2017 was arguably the year of the initial coin offering, with over $4.6 billion raised through startup financing. 2018 looks like it will become the year of regulations for the cryptocurrency industry. In fact, the tremendous growth in ICOs is one of the reasons why financial regulators across the globe have decided to hone in on the crypto asset market.
For the most part, startups launching token sales claim that they are issuing a utility token, which would preclude them from the realm of securities law in most jurisdictions. However, many of these tokens have the characteristics of securities, which is why financial regulators are taking a closer look.
To continue using this mETHod of funding, a new form of token sale has emerged that marries the benefits of initial coin offerings and the sale of regulated financial securities in an initial offering.
What is a security token?
Issuing a security token is a new form of financing that enables companies to raise funds from investors through issuing a fully-regulated “digital share” of its equity, assets or part of its revenue. Security token offerings combine aspects of ICOs with IPOs to provide the seemingly perfect balance between gaining access to capital at a low-cost while remaining compliant with securities laws.
Furthermore, security tokens can go beyond the current cryptocurrency-based crowdfunding model to also incorporate other types of financial securities such as debt offerings, for example. Tokenized securities projects such as Overstock’s T-Zero exchange are banking on security tokens becoming the next big thing and they may be correct.
Through issuing digital tokens that provide similar rights to shares, companies have the potential to access more investors and at a lower cost than if they were to list shares on a stock exchange, making them more appealing to younger investors.
However, before that can happen, the digital token trading ecosystem must mature to the level where exchanges are secure and liquid enough to be able to handle trading volumes approaching those found on international stock exchanges.
SAFT: The predecessor to security token ICOs
Before securities tokens started to appear in the ICO market, we saw the utilization of so-called Simple Agreement for Future Tokens (SAFT) by startups that wanted to ensure that they remain fully compliant with U.S. securities law.
SAFT agreements enable accredited investors to purchase contracts during a token offering for which they will be rewarded with the newly-issued tokens that the startup is launching, once the company has developed a fully-functional utility token that is being actively used in the project’s platform.
SAFT agreements are based on the idea behind SAFE (Simple Agreement for Future Equity) contracts, which were spearheaded by San Francisco-based tech accelerator Y Combinator as an alternative to convertible notes. SAFE contracts allow angel investors to put cash into a startup and then receive their shares once a specific trigger event has happened such as a new funding round or the sale of the company.
The first high-profile SAFT contracts that were sold to investors was during the ICO of the decentralized cloud storage platform Filecoin in mid-2017, which raised over $257 million. Messaging giant Telegram also made use of SAFT agreements when it raised $850 million during its token pre-sale in Q1/2018.

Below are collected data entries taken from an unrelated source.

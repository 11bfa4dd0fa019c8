-- ===== src/ReqLog/Cleanup.antt =====
-- pkg/reqlog/reqlog.go: the deletion of old log files, `cleanOldLogs`.
pub mod Matches
pub mod Names
use s3proxy4gcs.Base.{
  ℕ, ◌+◌, ◌*◌, Bool, true, false, ◌&&◌, ◌||◌, not, Option, none, some, List, [], ◌∷◌, Text, codes,
  is_digit, value, cut_prefix, all, is_nil, ltb, ◌==◌, if◌then◌else◌,
}
use s3proxy4gcs.Translate.Dates.{Date, check_civil}

-- `(\.\d+)?$`.
abbrev pub is_rotation : Text → Bool
is_rotation [] = true
is_rotation (c ∷ number) = c == b'.' && not (is_nil number) && all is_digit number

-- `(\d{8})`, and what is left.
abbrev pub eight_digits : Text → Option (Text × Text)
eight_digits (y ∷ e ∷ a ∷ r ∷ m ∷ n ∷ d ∷ f ∷ rest) =
    if all is_digit (y ∷ e ∷ a ∷ r ∷ m ∷ n ∷ d ∷ f ∷ [])
    then some (y ∷ e ∷ a ∷ r ∷ m ∷ n ∷ d ∷ f ∷ [], rest)
    else none
eight_digits _ = none

-- `logFileRe.FindStringSubmatch(name)`: the group of the date, `none` without a match.
unfoldable pub match_log_file : Text → Option Text
match_log_file name = elim (cut_prefix (codes "req_") name) [
  | none ↦ none
  | some behind ↦ elim (eight_digits behind) [
    | none ↦ none
    | some (date, rest) ↦ elim (cut_prefix (codes ".csv") rest) [
      | none ↦ none
      | some rotation ↦ if is_rotation rotation then some date else none
    ]
  ]
]

-- `time.Parse("20060102", s)`, for a text of eight digits.
unfoldable pub parse_compact : Text → Option Date
parse_compact (y ∷ e ∷ a ∷ r ∷ m ∷ n ∷ d ∷ f ∷ []) = check_civil (record {
  year = value y * 1000 + value e * 100 + value a * 10 + value r;
  month = value m * 10 + value n;
  day = value d * 10 + value f;
})
parse_compact _ = none

-- `fileDate.After(cutoff)`, where the cutoff is a time of the given day in UTC.
unfoldable pub is_after : Date → Date → Bool
is_after d cutoff =
    ltb cutoff.year d.year
    || d.year == cutoff.year
      && (ltb cutoff.month d.month || d.month == cutoff.month && ltb cutoff.day d.day)

-- The name is that of a log file to be removed.
unfoldable pub is_expired : Date → Text → Bool
is_expired cutoff name = elim (match_log_file name) [
  | none ↦ false
  | some date ↦ elim (parse_compact date) [ none ↦ false | some d ↦ not (is_after d cutoff) ]
]

pub record Entry : Type 0 where
  pub name : Text
  pub is_dir : Bool

-- What the log of the proxy says of a run.
pub data Outcome : Type 0 where
  read_dir_failed : Outcome
  remove_failed removed : Text → Outcome

abbrev pub outcome : Bool → Text → Outcome
outcome true name = removed name
outcome false name = remove_failed name

-- The file system is a parameter: `os.ReadDir` of the directory, with `none` for its error, and
-- `os.Remove` of a file of that directory, which answers whether it succeeded.
module _ {W : Type 0} (read_dir : W → Option (List Entry)) (remove : Text → W → Bool × W) where
  clean_entries : Date → List Entry → W → List Outcome × W
  clean_entries cutoff [] w = ([], w)
  clean_entries cutoff (f ∷ files) w =
      let (answer, w') = remove f.name w in
      let (outcomes, w'') = clean_entries cutoff files w' in
      let skipped = clean_entries cutoff files w in
      if f.is_dir
      then skipped
      else if is_expired cutoff f.name
      then (outcome answer f.name ∷ outcomes, w'')
      else skipped

  -- The cutoff is the day of `time.Now().AddDate(0, 0, -keepDays)` in UTC.
  unfoldable pub clean_old_logs : Date → W → List Outcome × W
  unfolding clean_entries
  clean_old_logs cutoff w = elim (read_dir w) [
    | none ↦ (read_dir_failed ∷ [], w)
    | some files ↦ clean_entries cutoff files w
  ]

How security tokens will transform utility ICOs
Financial regulators are keeping a very close eye on initial coin offerings due to a large number of scams that have flooded this market. Moreover, many regulators consider ICOs that sell a utility token should still fall under securities law as most are effectively securities.
For many issuers the risk that their ‘utility token’ will be considered by regulators as a regulated security will become too great to bare. Accordingly, many will choose to issue utility tokens in a compliant way (as if they were securities).
Additionally, the introduction of truly compliant security token exchanges like TZero will enable a new breed of token issuer to come to the market that offers economic incentives similar to dividends in shares, or other revenue streams that are undoubtedly categorized as securities.
Issuing a security token will, eventually, become more straightforward than launching a utility ICO from a regulatory and legal standpoint, with the caveat that the overheads will probably be higher as it involves regulatory compliance and more legal fees. A “normal” token sale can be conducted with very little upfront capital, especially if the startup has an exciting product that the cryptocurrency community is willing to invest in. A security token ICO, on the other hand, will require more capital regardless of the quality of the company’s product.
It is thus unlikely that utility token ICOs will be replaced entirely by security tokens as smaller startup projects will choose to either run the risk of operating in a regulatory grey area or will merely engage in regulatory arbitrage and base their operations and crowdsale in countries that have ICO-friendly regulations.
The future of security tokens
Having said that, security tokens have the potential to become the go-to form of funding for more established startups and for companies that want to tokenize their securities offering instead of listing shares on a stock exchange.
Security ICOs will thus likely become a real competitor to traditional IPOs as the costs for an ICO remain cheaper and as more investors realize the advantages of digital tokens over “real shares”.